« (...) De modo geral, "língua nacional" é uma língua falada num certo território ou país, que reflete uma herança étnico-cultural e faz parte da consciência nacional; em muitos casos as línguas nacionais são matéria-prima de literaturas específicas. Dito de outro modo, podemos considerar que uma língua nacional é uma língua autóctone, ou considerada como tal pela comunidade linguística. O conceito e a referência de "língua nacional" variam de país para país. (...)»
No âmbito das comemorações do Dia Mundial da Língua Portuguesa, fui convidada pela embaixada e pelo Centro Cultural de Cabo Verde a participar na Conferência Desafios das línguas nacionais e da língua portuguesa nalguns países da CPLP - Contextos locais/Desafios Globais. Houve participantes de vários países, que falaram das situações linguísticas respetivas. A língua nacional de Cabo Verde é o crioulo, ou língua cabo-verdiana, cujo estatuto, situação sociolinguística e ensino se encontram longe de resolvidos; muitas foram as intervenções que focaram esta questão. A mim tocou-me falar sobre as línguas nacionais portuguesas.
De modo geral, "língua nacional" é uma língua falada num certo território ou país, que reflete uma herança étnico-cultural e faz parte da consciência nacional; em muitos casos as línguas nacionais são matéria-prima de literaturas específicas. Dito de outro modo, podemos considerar que uma língua nacional é uma língua autóctone, ou considerada como tal pela comunidade linguística. O conceito e a referência de "língua nacional" variam de país para país. Frequentemente, as línguas nacionais são definidas no enquadramento jurídico de cada Estado (e.g. na Constituição), que as discrimina e estabelece os direitos dos seus falantes e os deveres das autoridades relativamente às comunidades que as falam. Uma questão interessante é, e.g., se Estados que foram antigas colónias europeias consideram (ou não) que as línguas europeias (que tantas vezes adotaram como línguas oficiais) fazem ou não parte das suas línguas nacionais. A questão tem vindo a ser discutida em países da CPLP relativamente ao português.

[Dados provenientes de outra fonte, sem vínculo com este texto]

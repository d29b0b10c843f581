-- ===== src/Providers.antt =====
-- The upstream provider layer: providers/.
pub mod Breaker
pub mod Resilient
pub mod Registry
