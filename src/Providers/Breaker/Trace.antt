-- ===== src/Providers/Breaker/Trace.antt =====
-- The circuit breaker of providers/base.py over any interleaving of the calls that tasks make on
-- it, against a description by the failures since the last success.
use llmops_gateway.Prelude.{
  ℕ, ◌+◌, ◌≤◌, ◌<◌, ◌≡◌, refl, Bool, true, not, ◌&&◌, Option, none, some, List, [], ◌∷◌, leb, arith,
  if◌then◌else◌, ap, ◌∙◌, All,
}
use llmops_gateway.Providers.Breaker.{
  closed, opened, CircuitBreaker, new, cooled_down, allow_request, record_success, record_failure,
}

-- One call by some task, with the clock at that moment.
pub data Event : Type 0 where
  asked success failure : ℕ → Event

pub step : CircuitBreaker → Event → CircuitBreaker
unfolding allow_request record_success record_failure
step b (asked now) = (allow_request now b).1
step b (success now) = record_success b
step b (failure now) = record_failure now b

pub run : CircuitBreaker → List Event → CircuitBreaker
run b [] = b
run b (e ∷ es) = run (step b e) es

-- What matters of a history: the failures since the last success, and when the last one was.
pub record Streak : Type 0 where
  pub failures : ℕ
  pub last : Option ℕ

abbrev pub fresh : Streak
fresh = record { failures = 0; last = none }

abbrev pub note : Streak → Event → Streak
note s (asked now) = s
note s (success now) = fresh
note s (failure now) = record { failures = s.failures + 1; last = some now }

abbrev pub streak : Streak → List Event → Streak
streak s [] = s
streak s (e ∷ es) = streak (note s e) es

-- The breaker that a streak stands for.
abbrev pub breaker_of : ℕ → ℕ → Streak → CircuitBreaker
breaker_of threshold cooldown s =
    let tripped = leb threshold s.failures in
    record {
      failure_threshold = threshold;
      cooldown = cooldown;
      consecutive_failures = s.failures;
      state = if tripped then opened else closed;
      opened_at = if tripped then s.last else none;
    }

step-breaker_of :
    (threshold cooldown : ℕ) (s : Streak) (e : Event)
    → 0 < threshold
    → step (breaker_of threshold cooldown s) e ≡ breaker_of threshold cooldown (note s e)
unfolding step
step-breaker_of threshold cooldown s (asked now) h = refl
step-breaker_of threshold cooldown s (success now) h = ground arith
step-breaker_of threshold cooldown s (failure now) h = ground arith

run-breaker_of :
    (threshold cooldown : ℕ) (s : Streak) (es : List Event)
    → 0 < threshold
    → run (breaker_of threshold cooldown s) es ≡ breaker_of threshold cooldown (streak s es)
unfolding run
run-breaker_of threshold cooldown s [] h = refl
run-breaker_of threshold cooldown s (e ∷ es) h =
    ap (λ b. run b es) (step-breaker_of threshold cooldown s e h)
    ∙ run-breaker_of threshold cooldown (note s e) es h

-- With a positive threshold, after any calls in any order the breaker is the one that the
-- failures since the last success determine: it is open exactly when they reach the threshold,
-- and it was opened at the last of them.
pub run-new :
    (threshold cooldown : ℕ) (es : List Event)
    → 0 < threshold
    → run (new threshold cooldown) es ≡ breaker_of threshold cooldown (streak fresh es)
run-new threshold cooldown es h =
    let start : new threshold cooldown ≡ breaker_of threshold cooldown fresh =
      unfold new in ground arith in
    ap (λ b. run b es) start ∙ run-breaker_of threshold cooldown fresh es h

-- With a positive threshold, a request is refused exactly when the failures since the last
-- success reach the threshold and the last of them is less than the cooldown ago.
pub allow_request_exact :
    (threshold cooldown now : ℕ) (es : List Event)
    → 0 < threshold
    → (allow_request now (run (new threshold cooldown) es)).0
      ≡ not (
          leb threshold (streak fresh es).failures
          && not (cooled_down now cooldown (streak fresh es).last))
unfolding allow_request
allow_request_exact threshold cooldown now es h =
    rw (run-new threshold cooldown es h) (ground arith)

-- The answers to requests that ask one after the other, with no outcome recorded in between.
pub admissions : CircuitBreaker → List ℕ → List Bool
admissions b [] = []
admissions b (now ∷ times) =
    let (allowed, b') = allow_request now b in allowed ∷ admissions b' times

-- Of an open breaker, every request that asks after the cooldown is admitted, however many ask
-- before the first outcome is recorded.
pub half_open_admits-All :
    (b : CircuitBreaker) (t : ℕ) (times : List ℕ)
    → b.state ≡ opened
    → b.opened_at ≡ some t
    → All (λ now. t + b.cooldown ≤ now) times
    → All (λ allowed. allowed ≡ true) (admissions b times)
unfolding admissions allow_request
half_open_admits-All b t [] o at late = tt
half_open_admits-All b t (now ∷ times) o at late =
    (ground arith, half_open_admits-All b t times o at late.1)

Se comparado com países como Angola, Brasil, ou Moçambique, com as suas muitas línguas nacionais, até podemos achar que Portugal é um país monolingue. Não podemos estar mais longe da realidade, porém, se pensarmos nas dezenas de línguas, especialmente de imigração, que são hoje faladas no nosso país. É certo que praticamente todos os portugueses se reveem na língua portuguesa (e o "praticamente" é sobretudo recurso retórico), consideram-na língua-mãe, língua de identidade, parte de si mesmos. Não restam, pois, dúvidas de que o português é a principal língua nacional em Portugal, falada pela esmagadora maioria dos habitantes. Além do português, temos uma segunda língua nacional, autóctone, com reconhecimento oficial, que é o mirandês, da qual falarei neste espaço, na próxima semana.
Mas será que há outras línguas nacionais em Portugal? Imediatamente me ocorre a língua gestual portuguesa (LGP), autóctone (i.e., específica de Portugal e diferente de qualquer outra língua gestual), reconhecida oficialmente, falada pela comunidade surda portuguesa e língua materna de parte significativa dos surdos que a adquirem na infância, seja dos seus progenitores, seja dos pares e educadores. Tanto quanto conheço, ainda que seja discutível se ela "reflete uma herança étnico-cultural", a LGP é parte integrante da identidade da comunidade surda em Portugal. Acredito, assim, que se pode considerar a LGP uma língua nacional de Portugal.
E as línguas das comunidades imigrantes, algumas há várias décadas entre nós? O português tem vindo a ser reconhecido por países de língua oficial portuguesa como língua nacional desses países, à medida que cresce o número de falantes que o têm como língua materna. Em sentido inverso, virá algum dia Portugal a acolher como "línguas nacionais" as suas principais línguas de imigração?
Artigo da autora publicado no Diário de Notícias de 14 de junho de 2021.